Лузгин взглянул и уселся на знакомый ящик.
— Еще часок потушится, потом будем картошку загружать. Ты вот что, Потехин, — предложил он как бы между прочим, если тебе куда надо, ты сходи, а я тут подежурю. — Это место, у кастрюли, представлялось Лузгину самым безопасным, и вовсе не в смысле обстрела, просто здесь он ощущал себя при деле и ему казалось, что отсюда его теперь уже не выгонит Коновалов.
— Да мы в футбол хотели, — сказал Потехин, озираясь, так, блин, сержант сейчас не разрешит. — Потехин выглянул в центральный ход траншеи, потоптался на углу, сказал:
— Ну ладно, я сейчас, — и быстренько исчез за поворотом.
Надо было бы засунуть в печку новое полено, но Лузгин определил на слух, что в кастрюле варочный процесс развивается нормально, а ежели резко добавить огня, то начнет пригорать, и он решил подкочегарить печку щепками.
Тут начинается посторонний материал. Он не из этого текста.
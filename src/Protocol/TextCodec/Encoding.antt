-- ===== src/Protocol/TextCodec/Encoding.antt =====
-- What is encoded can be told apart.

use sixchange.Protocol.Words.{words}
use sixchange.Protocol.Cursor.{is_blank}
use sixchange.Base.{
  ◌≡◌, ◌≢◌, refl, sym, ap, subst, ◌∙◌, List, [], ◌∷◌, Bytes, codes, same, to_string, to_string_inj,
  to_string-IsNumeral, ℕ, zero, suc, ◌<◌, ◌^◌, Option, none, some, Bool, true, false, ◌||◌, ◌==◌,
  if◌then◌else◌, Bool-cases, inl, inr, All, is_digit, arith,
}
use sixchange.Core.EnumNames
use sixchange.Protocol.Messages.{OutboundMessage, accepted, cancelled, rejected}
use sixchange.Protocol.TextCodec.{RejectReason, encode, id_text}
use sixchange.Protocol.TextCodec.Joining.{words-join, IsPlain, IsWord, join}
use sixchange.Protocol.TextCodec.Spelling.{to_string-IsWord}

-- The words of an outbound message.
abbrev reply : OutboundMessage → List Bytes
reply (accepted m) = codes "ACCEPTED" ∷ to_string m.client_order_id ∷ to_string m.order_id ∷ []
reply (cancelled m) = codes "CANCELLED" ∷ to_string m.client_order_id ∷ to_string m.order_id ∷ []
reply (rejected m) =
    codes "REJECTED" ∷ id_text m.client_order_id ∷ codes (EnumNames.reject_reason m.reason) ∷ []

encode-join : (m : OutboundMessage) → encode m ≡ join (reply m)
unfolding encode
encode-join (accepted m) = refl
encode-join (cancelled m) = refl
encode-join (rejected m) = refl

abbrev FitsOption : Option ℕ → Type 0
FitsOption none = Unit
FitsOption (some n) = n < 2 ^ 64

-- Identifiers that are words of 64 bits.
abbrev pub Fits : OutboundMessage → Type 0
Fits (accepted m) = (m.client_order_id < 2 ^ 64) × (m.order_id < 2 ^ 64)
Fits (cancelled m) = (m.client_order_id < 2 ^ 64) × (m.order_id < 2 ^ 64)
Fits (rejected m) = FitsOption m.client_order_id

-- A decision that a text is a word.
is_plain : Bytes → Bool
is_plain [] = true
is_plain (c ∷ s) = if is_blank c || c == b'\r' then false else is_plain s

is_word : Bytes → Bool
is_word [] = false
is_word (c ∷ s) = is_plain (c ∷ s)

All-is_plain : (s : Bytes) → is_plain s ≡ true → All IsPlain s
unfolding is_plain
All-is_plain [] e = tt
All-is_plain (c ∷ s) e = elim (Bool-cases (is_blank c || c == b'\r')) [
  | inl bad ↦ cc
  | inr good ↦ (ground arith, All-is_plain s cc)
]

is_word-IsWord : (s : Bytes) → is_word s ≡ true → IsWord s
unfolding is_word
is_word-IsWord [] e = cc
is_word-IsWord (c ∷ s) e = record { plain = All-is_plain (c ∷ s) e; nonempty = λ h. cc }

reject_reason-IsWord : (r : RejectReason) → IsWord (codes (EnumNames.reject_reason r))
unfolding is_word is_plain is_blank EnumNames.reject_reason
reject_reason-IsWord r =
    is_word-IsWord _ (elim r as (λ k. is_word (codes (EnumNames.reject_reason k)) ≡ true) [
      | RejectReason.none ↦ refl
      | RejectReason.invalid_message ↦ refl
      | RejectReason.unknown_symbol ↦ refl
      | RejectReason.invalid_price ↦ refl
      | RejectReason.invalid_quantity ↦ refl
      | RejectReason.duplicate_client_order_id ↦ refl
      | RejectReason.unknown_order ↦ refl
      | RejectReason.not_order_owner ↦ refl
      | RejectReason.unsupported_order_type ↦ refl
      | RejectReason.unsupported_time_in_force ↦ refl
      | RejectReason.gateway_error ↦ refl
      | RejectReason.capacity_exhausted ↦ refl
      | RejectReason.matching_engine_error ↦ refl
    ])

reasons : List RejectReason
reasons =
    RejectReason.invalid_message ∷ RejectReason.unknown_symbol ∷ RejectReason.invalid_price
    ∷ RejectReason.invalid_quantity ∷ RejectReason.duplicate_client_order_id
    ∷ RejectReason.unknown_order ∷ RejectReason.not_order_owner
    ∷ RejectReason.unsupported_order_type ∷ RejectReason.unsupported_time_in_force
    ∷ RejectReason.gateway_error ∷ RejectReason.capacity_exhausted
    ∷ RejectReason.matching_engine_error ∷ []

-- The reason with that name among those given, else `none`.
named : List RejectReason → Bytes → RejectReason
named [] s = RejectReason.none
named (r ∷ rs) s =
    let rest = named rs s in if same s (codes (EnumNames.reject_reason r)) then r else rest

named-reject_reason : (r : RejectReason) → named reasons (codes (EnumNames.reject_reason r)) ≡ r
unfolding named reasons EnumNames.reject_reason
named-reject_reason r = elim r as (λ k. named reasons (codes (EnumNames.reject_reason k)) ≡ k) [
  | RejectReason.none ↦ refl
  | RejectReason.invalid_message ↦ refl
  | RejectReason.unknown_symbol ↦ refl
  | RejectReason.invalid_price ↦ refl
  | RejectReason.invalid_quantity ↦ refl
  | RejectReason.duplicate_client_order_id ↦ refl
  | RejectReason.unknown_order ↦ refl
  | RejectReason.not_order_owner ↦ refl
  | RejectReason.unsupported_order_type ↦ refl
  | RejectReason.unsupported_time_in_force ↦ refl
  | RejectReason.gateway_error ↦ refl
  | RejectReason.capacity_exhausted ↦ refl
  | RejectReason.matching_engine_error ↦ refl
]

reject_reason_inj :
    (r r' : RejectReason)
    → codes (EnumNames.reject_reason r) ≡ codes (EnumNames.reject_reason r')
    → r ≡ r'
reject_reason_inj r r' e =
    sym (named-reject_reason r) ∙ ap (named reasons) e ∙ named-reject_reason r'

id_text-IsWord : (o : Option ℕ) → FitsOption o → IsWord (id_text o)
unfolding id_text is_word is_plain is_blank
id_text-IsWord none fits = is_word-IsWord _ refl
id_text-IsWord (some n) fits = to_string-IsWord n fits

-- A dash is no number.
to_string-dash : (n : ℕ) → n < 2 ^ 64 → to_string n ≢ codes "-"
to_string-dash n h e =
    let digits : All (λ c. is_digit c ≡ true) (codes "-") =
      subst (All (λ c. is_digit c ≡ true)) e (to_string-IsNumeral n h).digits in
    cc digits.0

id_text_inj : (o o' : Option ℕ) → FitsOption o → FitsOption o' → id_text o ≡ id_text o' → o ≡ o'
unfolding id_text
id_text_inj none none fits fits' e = refl
id_text_inj none (some n) fits fits' e = absurd (to_string-dash n fits' (sym e))
id_text_inj (some n) none fits fits' e = absurd (to_string-dash n fits e)
id_text_inj (some n) (some n') fits fits' e = ap some (to_string_inj n n' fits fits' e)

All-reply : (m : OutboundMessage) → Fits m → All IsWord (reply m)
unfolding is_word is_plain is_blank
All-reply (accepted m) (id, order) =
    (is_word-IsWord _ refl, (to_string-IsWord _ id, (to_string-IsWord _ order, tt)))
All-reply (cancelled m) (id, order) =
    (is_word-IsWord _ refl, (to_string-IsWord _ id, (to_string-IsWord _ order, tt)))
All-reply (rejected m) fits =
    (is_word-IsWord _ refl, (id_text-IsWord _ fits, (reject_reason-IsWord _, tt)))

reply-encode : (m : OutboundMessage) → Fits m → words (encode m) ≡ reply m
reply-encode m fits = ap words (encode-join m) ∙ words-join (reply m) (All-reply m fits)

-- The first byte of the first word.
abbrev initial : List Bytes → ℕ
initial [] = 0
initial ([] ∷ ws) = 0
initial ((c ∷ w) ∷ ws) = c

abbrev word_at : ℕ → List Bytes → Bytes
word_at k [] = []
word_at zero (w ∷ ws) = w
word_at (suc k) (w ∷ ws) = word_at k ws

reply_inj : (m n : OutboundMessage) → Fits m → Fits n → reply m ≡ reply n → m ≡ n
reply_inj (accepted m) (accepted n) fm fn e =
    let id = to_string_inj _ _ fm.0 fn.0 (ap (word_at 1) e) in
    let order = to_string_inj _ _ fm.1 fn.1 (ap (word_at 2) e) in cc
reply_inj (cancelled m) (cancelled n) fm fn e =
    let id = to_string_inj _ _ fm.0 fn.0 (ap (word_at 1) e) in
    let order = to_string_inj _ _ fm.1 fn.1 (ap (word_at 2) e) in cc
reply_inj (rejected m) (rejected n) fm fn e =
    let id = id_text_inj _ _ fm fn (ap (word_at 1) e) in
    let reason = reject_reason_inj _ _ (ap (word_at 2) e) in cc
reply_inj (accepted m) (cancelled n) fm fn e = absurd (omega (arith, ap initial e))
reply_inj (accepted m) (rejected n) fm fn e = absurd (omega (arith, ap initial e))
reply_inj (cancelled m) (accepted n) fm fn e = absurd (omega (arith, ap initial e))
reply_inj (cancelled m) (rejected n) fm fn e = absurd (omega (arith, ap initial e))
reply_inj (rejected m) (accepted n) fm fn e = absurd (omega (arith, ap initial e))
reply_inj (rejected m) (cancelled n) fm fn e = absurd (omega (arith, ap initial e))

-- Two outbound messages that are encoded as the same line are the same message. Their identifiers
-- are words of 64 bits.
pub encode_inj : (m n : OutboundMessage) → Fits m → Fits n → encode m ≡ encode n → m ≡ n
encode_inj m n fm fn e =
    reply_inj m n fm fn (sym (reply-encode m fm) ∙ ap words e ∙ reply-encode n fn)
Поставил полено на попа, взял лежавший на полке потехинский штык-нож, приладил его острием на краешек полена и сильно стукнул сверху поварешкой.
— Да вон топор стоит, Владим Василич, — раздался с неба голос Храмова. Лузгин приподнял голову и помахал штыком фигуре караульного на вышке. Лицо Храмова было в тени от навеса, но по обозначившимся скулам часового Лузгин догадался, что над ним потихоньку смеются.
— Как штанишки, Храмов? — спросил он, прикладывая снова острие. — Если что, могу сносить в деревню постирать.
— А сейчас сами заберут, — ответил Храмов, и Лузгин услышал лязг передернутого автоматного затвора. — Командиир! — закричал Храмов. — К нам из деревни делегация.
Лузгин вскочил на ящик и выглянул над бруствером. По дороге от деревни к блокпосту шли люди плотной темной кучкой, и первый что-то вез на низкой громыхающей тележке.
7
Пулемет, похожий на автомат Калашникова, только с длинным стволом, круглой патронной коробкой и двумя короткими сошками для упора, лежал на тележке. Возле стояли Дякин и Махит, а позади них те двое, из самообороны, и еще четыре деревенских мужика с хмурыми серыми лицами. Сержант Коновалов стоял к ним лицом без оружия, сунув руки в карманы хэбэшных штанов, но по бокам от него два солдата держали автоматы у пояса на изготовку и озирались по сторонам, словно ждали кого-то еще.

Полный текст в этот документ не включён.